GOAL OF THE EXERCISE:
Below are records; reproduce exactly the lines from the one that has "-- ===== src/Riot/LimitHeaders.antt" through the one that has "pub parse_int : Text → Option ℤ", ends included, and nothing more.

Items listed in a dataset

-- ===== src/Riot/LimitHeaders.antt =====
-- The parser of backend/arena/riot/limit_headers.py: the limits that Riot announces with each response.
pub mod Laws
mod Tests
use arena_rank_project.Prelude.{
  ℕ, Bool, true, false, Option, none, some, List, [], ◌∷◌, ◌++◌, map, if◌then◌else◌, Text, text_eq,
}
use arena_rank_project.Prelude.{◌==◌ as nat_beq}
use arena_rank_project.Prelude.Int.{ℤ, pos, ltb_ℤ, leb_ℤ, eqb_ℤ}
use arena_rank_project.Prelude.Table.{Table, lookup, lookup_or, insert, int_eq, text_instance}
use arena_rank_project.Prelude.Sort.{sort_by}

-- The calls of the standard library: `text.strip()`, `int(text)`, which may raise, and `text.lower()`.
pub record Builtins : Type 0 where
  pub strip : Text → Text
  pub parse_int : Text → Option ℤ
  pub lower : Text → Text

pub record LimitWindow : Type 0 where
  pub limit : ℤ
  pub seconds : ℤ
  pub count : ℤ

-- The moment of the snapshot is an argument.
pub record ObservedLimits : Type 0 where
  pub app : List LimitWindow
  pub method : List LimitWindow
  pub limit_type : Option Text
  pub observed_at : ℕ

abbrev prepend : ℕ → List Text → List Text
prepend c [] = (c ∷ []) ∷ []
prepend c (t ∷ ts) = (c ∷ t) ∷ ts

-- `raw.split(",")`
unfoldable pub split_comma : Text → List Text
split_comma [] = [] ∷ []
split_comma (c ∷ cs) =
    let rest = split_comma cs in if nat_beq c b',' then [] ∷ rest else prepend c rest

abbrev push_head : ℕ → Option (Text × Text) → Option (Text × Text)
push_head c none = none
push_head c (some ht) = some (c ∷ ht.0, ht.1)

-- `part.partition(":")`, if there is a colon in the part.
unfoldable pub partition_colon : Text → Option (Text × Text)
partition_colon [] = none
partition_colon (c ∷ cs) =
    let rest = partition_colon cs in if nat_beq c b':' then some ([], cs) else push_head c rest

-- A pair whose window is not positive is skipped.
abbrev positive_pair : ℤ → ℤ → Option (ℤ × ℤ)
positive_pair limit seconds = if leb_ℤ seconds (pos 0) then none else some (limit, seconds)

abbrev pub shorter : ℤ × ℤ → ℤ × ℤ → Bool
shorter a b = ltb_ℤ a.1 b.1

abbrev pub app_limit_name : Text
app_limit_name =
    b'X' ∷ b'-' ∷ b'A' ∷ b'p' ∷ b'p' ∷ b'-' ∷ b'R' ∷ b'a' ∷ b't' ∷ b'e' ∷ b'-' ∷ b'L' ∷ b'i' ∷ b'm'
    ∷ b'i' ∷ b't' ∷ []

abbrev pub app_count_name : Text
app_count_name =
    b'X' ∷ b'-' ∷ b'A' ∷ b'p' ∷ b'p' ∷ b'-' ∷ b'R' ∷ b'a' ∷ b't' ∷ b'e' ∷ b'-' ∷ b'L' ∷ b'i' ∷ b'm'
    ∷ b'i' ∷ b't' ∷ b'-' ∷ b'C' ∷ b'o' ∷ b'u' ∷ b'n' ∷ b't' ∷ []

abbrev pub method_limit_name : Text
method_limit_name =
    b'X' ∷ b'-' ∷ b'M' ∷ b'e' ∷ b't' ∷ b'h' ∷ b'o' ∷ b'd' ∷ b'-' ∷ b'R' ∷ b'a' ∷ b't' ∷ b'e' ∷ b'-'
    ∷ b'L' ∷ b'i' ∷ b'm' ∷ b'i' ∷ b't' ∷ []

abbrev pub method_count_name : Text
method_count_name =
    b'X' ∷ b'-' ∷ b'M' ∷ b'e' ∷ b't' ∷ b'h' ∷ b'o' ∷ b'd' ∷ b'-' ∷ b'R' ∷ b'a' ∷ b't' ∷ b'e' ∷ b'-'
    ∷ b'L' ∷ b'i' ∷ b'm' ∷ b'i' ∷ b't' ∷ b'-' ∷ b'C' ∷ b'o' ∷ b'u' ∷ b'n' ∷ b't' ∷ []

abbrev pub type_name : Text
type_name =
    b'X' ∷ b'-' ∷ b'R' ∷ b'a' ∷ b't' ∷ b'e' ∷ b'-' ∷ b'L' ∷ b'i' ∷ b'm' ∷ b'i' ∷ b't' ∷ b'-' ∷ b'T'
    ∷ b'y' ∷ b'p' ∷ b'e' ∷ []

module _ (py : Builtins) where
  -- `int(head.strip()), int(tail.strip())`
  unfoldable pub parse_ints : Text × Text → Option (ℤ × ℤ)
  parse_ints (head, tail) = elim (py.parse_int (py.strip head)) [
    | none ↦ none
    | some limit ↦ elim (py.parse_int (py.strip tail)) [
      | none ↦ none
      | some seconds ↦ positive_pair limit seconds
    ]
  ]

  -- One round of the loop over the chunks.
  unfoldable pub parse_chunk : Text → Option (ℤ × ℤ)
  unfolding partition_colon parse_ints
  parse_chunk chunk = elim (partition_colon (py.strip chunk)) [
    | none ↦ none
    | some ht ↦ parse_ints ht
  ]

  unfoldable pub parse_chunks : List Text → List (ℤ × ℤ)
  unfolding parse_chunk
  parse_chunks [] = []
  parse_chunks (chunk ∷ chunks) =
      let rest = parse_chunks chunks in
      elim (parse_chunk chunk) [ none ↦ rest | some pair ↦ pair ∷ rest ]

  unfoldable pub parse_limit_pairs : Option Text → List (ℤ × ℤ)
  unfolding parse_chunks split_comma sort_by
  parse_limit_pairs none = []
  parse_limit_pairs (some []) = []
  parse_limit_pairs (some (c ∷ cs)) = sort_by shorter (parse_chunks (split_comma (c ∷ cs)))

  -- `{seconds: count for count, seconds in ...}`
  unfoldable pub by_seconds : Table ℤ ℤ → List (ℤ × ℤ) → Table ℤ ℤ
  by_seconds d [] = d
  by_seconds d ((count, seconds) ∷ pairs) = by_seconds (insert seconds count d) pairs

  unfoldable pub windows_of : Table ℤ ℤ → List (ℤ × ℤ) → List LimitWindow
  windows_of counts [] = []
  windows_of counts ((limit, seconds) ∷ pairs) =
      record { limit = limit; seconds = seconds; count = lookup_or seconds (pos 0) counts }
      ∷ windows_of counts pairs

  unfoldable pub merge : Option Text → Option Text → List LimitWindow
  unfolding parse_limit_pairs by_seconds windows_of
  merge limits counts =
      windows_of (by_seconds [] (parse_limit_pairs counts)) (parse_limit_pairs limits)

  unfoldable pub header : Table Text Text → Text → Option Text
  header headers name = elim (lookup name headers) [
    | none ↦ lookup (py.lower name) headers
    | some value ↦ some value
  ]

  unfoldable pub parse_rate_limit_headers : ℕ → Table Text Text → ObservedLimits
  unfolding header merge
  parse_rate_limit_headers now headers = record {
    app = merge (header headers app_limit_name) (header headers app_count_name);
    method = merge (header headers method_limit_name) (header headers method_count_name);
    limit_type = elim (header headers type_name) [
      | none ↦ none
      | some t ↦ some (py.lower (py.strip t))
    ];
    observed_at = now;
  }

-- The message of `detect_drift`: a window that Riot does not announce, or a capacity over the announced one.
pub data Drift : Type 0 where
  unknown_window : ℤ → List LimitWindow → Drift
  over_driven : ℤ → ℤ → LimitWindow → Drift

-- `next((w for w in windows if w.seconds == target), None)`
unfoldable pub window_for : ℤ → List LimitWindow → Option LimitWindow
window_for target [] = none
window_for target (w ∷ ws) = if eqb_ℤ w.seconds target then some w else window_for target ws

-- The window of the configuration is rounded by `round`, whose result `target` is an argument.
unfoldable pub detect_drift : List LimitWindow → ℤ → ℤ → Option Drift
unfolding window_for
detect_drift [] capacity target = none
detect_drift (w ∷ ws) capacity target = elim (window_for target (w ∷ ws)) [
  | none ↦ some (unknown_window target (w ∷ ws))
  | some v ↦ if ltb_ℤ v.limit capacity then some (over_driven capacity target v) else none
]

--

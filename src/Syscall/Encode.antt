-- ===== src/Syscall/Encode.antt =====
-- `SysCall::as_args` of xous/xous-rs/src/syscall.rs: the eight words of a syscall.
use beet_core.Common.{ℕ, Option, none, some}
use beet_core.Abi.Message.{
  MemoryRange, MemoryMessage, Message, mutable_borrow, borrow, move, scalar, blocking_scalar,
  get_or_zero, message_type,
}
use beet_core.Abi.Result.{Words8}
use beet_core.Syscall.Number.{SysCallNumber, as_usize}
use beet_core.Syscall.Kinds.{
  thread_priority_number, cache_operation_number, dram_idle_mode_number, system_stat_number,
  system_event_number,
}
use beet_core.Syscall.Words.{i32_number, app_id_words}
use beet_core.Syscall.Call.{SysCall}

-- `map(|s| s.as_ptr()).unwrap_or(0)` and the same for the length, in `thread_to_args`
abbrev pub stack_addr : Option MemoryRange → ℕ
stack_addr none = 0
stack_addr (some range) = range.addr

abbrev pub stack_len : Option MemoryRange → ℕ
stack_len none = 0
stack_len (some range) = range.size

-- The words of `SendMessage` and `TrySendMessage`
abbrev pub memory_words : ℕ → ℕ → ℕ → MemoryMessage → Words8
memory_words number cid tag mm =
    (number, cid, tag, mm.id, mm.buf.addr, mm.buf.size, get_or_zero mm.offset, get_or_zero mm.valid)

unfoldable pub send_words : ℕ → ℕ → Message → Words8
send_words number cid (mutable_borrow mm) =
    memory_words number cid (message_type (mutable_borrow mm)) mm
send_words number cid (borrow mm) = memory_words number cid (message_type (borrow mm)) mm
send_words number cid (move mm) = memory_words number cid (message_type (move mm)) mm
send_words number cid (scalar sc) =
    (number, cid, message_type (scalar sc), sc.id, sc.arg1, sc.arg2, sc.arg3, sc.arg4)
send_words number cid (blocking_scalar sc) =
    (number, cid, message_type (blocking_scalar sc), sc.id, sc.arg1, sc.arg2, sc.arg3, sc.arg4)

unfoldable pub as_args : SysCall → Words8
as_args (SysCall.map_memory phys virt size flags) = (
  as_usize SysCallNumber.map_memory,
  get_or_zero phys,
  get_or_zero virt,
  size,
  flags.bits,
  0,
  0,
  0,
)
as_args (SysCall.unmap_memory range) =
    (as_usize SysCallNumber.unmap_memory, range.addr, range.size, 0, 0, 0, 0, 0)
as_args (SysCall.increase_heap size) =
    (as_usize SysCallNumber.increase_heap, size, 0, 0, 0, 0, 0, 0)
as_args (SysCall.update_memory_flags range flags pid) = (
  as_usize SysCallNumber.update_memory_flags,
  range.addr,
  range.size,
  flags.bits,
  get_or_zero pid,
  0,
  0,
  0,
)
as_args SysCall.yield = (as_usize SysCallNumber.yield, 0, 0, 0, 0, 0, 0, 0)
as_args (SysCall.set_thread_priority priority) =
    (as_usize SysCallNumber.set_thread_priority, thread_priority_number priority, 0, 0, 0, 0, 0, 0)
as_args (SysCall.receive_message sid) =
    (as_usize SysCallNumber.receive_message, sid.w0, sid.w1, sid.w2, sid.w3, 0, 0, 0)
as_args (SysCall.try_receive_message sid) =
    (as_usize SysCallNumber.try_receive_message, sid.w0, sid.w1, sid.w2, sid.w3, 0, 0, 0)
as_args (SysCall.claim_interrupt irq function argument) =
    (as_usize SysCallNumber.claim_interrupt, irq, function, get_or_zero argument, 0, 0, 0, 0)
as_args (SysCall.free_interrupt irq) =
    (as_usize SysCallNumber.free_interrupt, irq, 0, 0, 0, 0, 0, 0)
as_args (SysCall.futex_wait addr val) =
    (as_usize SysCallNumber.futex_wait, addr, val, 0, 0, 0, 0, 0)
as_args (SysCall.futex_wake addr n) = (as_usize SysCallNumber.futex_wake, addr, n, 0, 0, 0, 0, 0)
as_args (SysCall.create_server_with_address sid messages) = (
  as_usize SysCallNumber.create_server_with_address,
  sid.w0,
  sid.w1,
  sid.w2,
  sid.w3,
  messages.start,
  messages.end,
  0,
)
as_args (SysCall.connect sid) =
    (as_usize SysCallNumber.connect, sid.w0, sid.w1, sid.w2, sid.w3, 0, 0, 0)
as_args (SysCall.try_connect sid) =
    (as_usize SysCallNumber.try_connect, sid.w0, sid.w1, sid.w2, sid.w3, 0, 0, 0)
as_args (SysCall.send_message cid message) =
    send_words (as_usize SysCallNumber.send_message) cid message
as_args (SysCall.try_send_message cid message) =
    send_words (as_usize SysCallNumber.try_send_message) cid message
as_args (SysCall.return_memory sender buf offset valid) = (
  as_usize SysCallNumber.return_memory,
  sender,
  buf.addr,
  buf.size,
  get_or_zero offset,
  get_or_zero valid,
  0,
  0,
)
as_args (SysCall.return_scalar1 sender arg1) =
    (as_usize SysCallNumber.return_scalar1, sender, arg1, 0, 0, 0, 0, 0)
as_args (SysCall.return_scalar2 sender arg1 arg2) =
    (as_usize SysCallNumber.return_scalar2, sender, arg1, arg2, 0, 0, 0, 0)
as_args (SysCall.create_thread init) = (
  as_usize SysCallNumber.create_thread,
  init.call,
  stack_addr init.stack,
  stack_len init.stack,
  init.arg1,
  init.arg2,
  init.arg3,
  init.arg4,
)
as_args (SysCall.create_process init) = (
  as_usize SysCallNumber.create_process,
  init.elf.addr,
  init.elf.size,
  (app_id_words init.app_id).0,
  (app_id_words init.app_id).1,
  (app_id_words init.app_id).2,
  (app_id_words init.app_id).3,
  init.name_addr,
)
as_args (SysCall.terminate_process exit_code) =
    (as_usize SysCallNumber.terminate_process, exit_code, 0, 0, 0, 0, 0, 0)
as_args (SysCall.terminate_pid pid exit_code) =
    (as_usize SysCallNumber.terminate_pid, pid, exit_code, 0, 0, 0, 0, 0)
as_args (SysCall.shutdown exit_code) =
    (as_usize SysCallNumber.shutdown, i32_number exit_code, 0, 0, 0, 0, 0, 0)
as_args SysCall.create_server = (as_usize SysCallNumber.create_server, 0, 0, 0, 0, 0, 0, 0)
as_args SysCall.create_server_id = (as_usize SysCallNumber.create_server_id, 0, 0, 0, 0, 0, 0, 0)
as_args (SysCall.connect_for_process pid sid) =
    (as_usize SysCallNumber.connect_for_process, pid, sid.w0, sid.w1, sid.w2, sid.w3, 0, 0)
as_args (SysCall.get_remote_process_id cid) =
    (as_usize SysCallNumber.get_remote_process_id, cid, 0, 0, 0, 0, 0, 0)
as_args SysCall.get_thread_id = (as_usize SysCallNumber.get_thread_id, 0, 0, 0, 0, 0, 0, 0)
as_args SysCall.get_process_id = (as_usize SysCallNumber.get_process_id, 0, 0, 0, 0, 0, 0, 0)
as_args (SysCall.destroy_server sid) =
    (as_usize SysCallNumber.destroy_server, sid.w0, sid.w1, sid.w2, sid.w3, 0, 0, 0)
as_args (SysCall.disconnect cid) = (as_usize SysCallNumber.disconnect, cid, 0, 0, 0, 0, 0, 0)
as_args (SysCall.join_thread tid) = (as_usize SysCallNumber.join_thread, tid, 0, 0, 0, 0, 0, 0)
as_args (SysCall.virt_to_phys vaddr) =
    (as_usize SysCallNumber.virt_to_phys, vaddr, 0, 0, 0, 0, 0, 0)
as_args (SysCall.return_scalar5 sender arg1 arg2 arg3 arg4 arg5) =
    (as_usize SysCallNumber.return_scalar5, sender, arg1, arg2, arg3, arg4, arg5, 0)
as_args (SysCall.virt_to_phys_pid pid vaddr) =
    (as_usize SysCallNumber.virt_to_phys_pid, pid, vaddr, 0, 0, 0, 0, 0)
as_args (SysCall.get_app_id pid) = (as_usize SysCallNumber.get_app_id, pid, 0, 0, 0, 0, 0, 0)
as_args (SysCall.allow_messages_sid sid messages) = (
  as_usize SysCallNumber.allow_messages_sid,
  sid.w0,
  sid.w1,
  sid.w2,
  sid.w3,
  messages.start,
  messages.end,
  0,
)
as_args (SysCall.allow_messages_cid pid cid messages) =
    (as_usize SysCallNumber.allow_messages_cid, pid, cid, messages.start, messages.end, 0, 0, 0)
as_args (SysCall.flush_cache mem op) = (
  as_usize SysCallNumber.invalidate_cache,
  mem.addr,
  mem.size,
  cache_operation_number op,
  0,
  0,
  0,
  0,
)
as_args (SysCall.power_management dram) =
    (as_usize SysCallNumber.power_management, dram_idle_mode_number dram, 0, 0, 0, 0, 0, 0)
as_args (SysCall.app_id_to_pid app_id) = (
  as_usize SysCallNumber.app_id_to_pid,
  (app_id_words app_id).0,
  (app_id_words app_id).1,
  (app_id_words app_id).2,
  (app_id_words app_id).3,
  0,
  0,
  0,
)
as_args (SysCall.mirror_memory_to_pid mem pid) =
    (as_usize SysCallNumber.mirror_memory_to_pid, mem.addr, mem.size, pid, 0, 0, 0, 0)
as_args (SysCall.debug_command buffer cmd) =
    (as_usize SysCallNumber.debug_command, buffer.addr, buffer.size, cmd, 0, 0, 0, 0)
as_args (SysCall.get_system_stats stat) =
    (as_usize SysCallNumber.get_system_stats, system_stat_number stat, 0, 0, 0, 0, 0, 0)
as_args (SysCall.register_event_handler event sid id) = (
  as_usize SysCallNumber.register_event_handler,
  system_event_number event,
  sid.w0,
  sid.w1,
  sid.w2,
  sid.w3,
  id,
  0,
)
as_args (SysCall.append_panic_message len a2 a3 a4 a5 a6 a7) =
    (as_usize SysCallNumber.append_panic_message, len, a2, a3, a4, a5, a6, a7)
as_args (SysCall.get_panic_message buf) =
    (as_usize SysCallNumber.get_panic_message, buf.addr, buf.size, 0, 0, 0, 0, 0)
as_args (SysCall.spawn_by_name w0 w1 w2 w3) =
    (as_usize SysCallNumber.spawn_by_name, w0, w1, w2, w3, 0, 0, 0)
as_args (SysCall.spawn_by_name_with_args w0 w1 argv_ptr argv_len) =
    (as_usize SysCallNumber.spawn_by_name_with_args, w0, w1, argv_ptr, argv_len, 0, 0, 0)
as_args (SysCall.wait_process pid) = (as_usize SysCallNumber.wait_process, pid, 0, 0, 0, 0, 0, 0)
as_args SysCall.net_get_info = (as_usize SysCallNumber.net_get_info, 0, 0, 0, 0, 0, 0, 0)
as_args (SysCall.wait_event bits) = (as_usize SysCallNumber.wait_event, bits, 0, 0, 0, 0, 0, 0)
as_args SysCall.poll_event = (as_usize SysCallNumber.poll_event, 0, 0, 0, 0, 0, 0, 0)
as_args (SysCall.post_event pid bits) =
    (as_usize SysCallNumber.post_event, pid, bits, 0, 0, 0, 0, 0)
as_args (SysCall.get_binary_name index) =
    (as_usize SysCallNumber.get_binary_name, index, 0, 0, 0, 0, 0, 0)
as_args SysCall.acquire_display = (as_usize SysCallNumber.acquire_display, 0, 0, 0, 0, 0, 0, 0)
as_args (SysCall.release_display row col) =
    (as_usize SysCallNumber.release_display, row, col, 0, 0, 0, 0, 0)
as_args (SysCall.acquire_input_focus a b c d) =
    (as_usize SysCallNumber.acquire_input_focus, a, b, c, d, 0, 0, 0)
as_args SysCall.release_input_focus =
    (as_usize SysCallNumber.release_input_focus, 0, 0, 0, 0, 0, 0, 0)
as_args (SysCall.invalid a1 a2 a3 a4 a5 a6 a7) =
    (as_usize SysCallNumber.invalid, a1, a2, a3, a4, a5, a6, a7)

TASK RESULT:
-- ===== src/Riot/LimitHeaders.antt =====
-- The parser of backend/arena/riot/limit_headers.py: the limits that Riot announces with each response.
pub mod Laws
mod Tests
use arena_rank_project.Prelude.{
  ℕ, Bool, true, false, Option, none, some, List, [], ◌∷◌, ◌++◌, map, if◌then◌else◌, Text, text_eq,
}
use arena_rank_project.Prelude.{◌==◌ as nat_beq}
use arena_rank_project.Prelude.Int.{ℤ, pos, ltb_ℤ, leb_ℤ, eqb_ℤ}
use arena_rank_project.Prelude.Table.{Table, lookup, lookup_or, insert, int_eq, text_instance}
use arena_rank_project.Prelude.Sort.{sort_by}

-- The calls of the standard library: `text.strip()`, `int(text)`, which may raise, and `text.lower()`.
pub record Builtins : Type 0 where
  pub strip : Text → Text
  pub parse_int : Text → Option ℤ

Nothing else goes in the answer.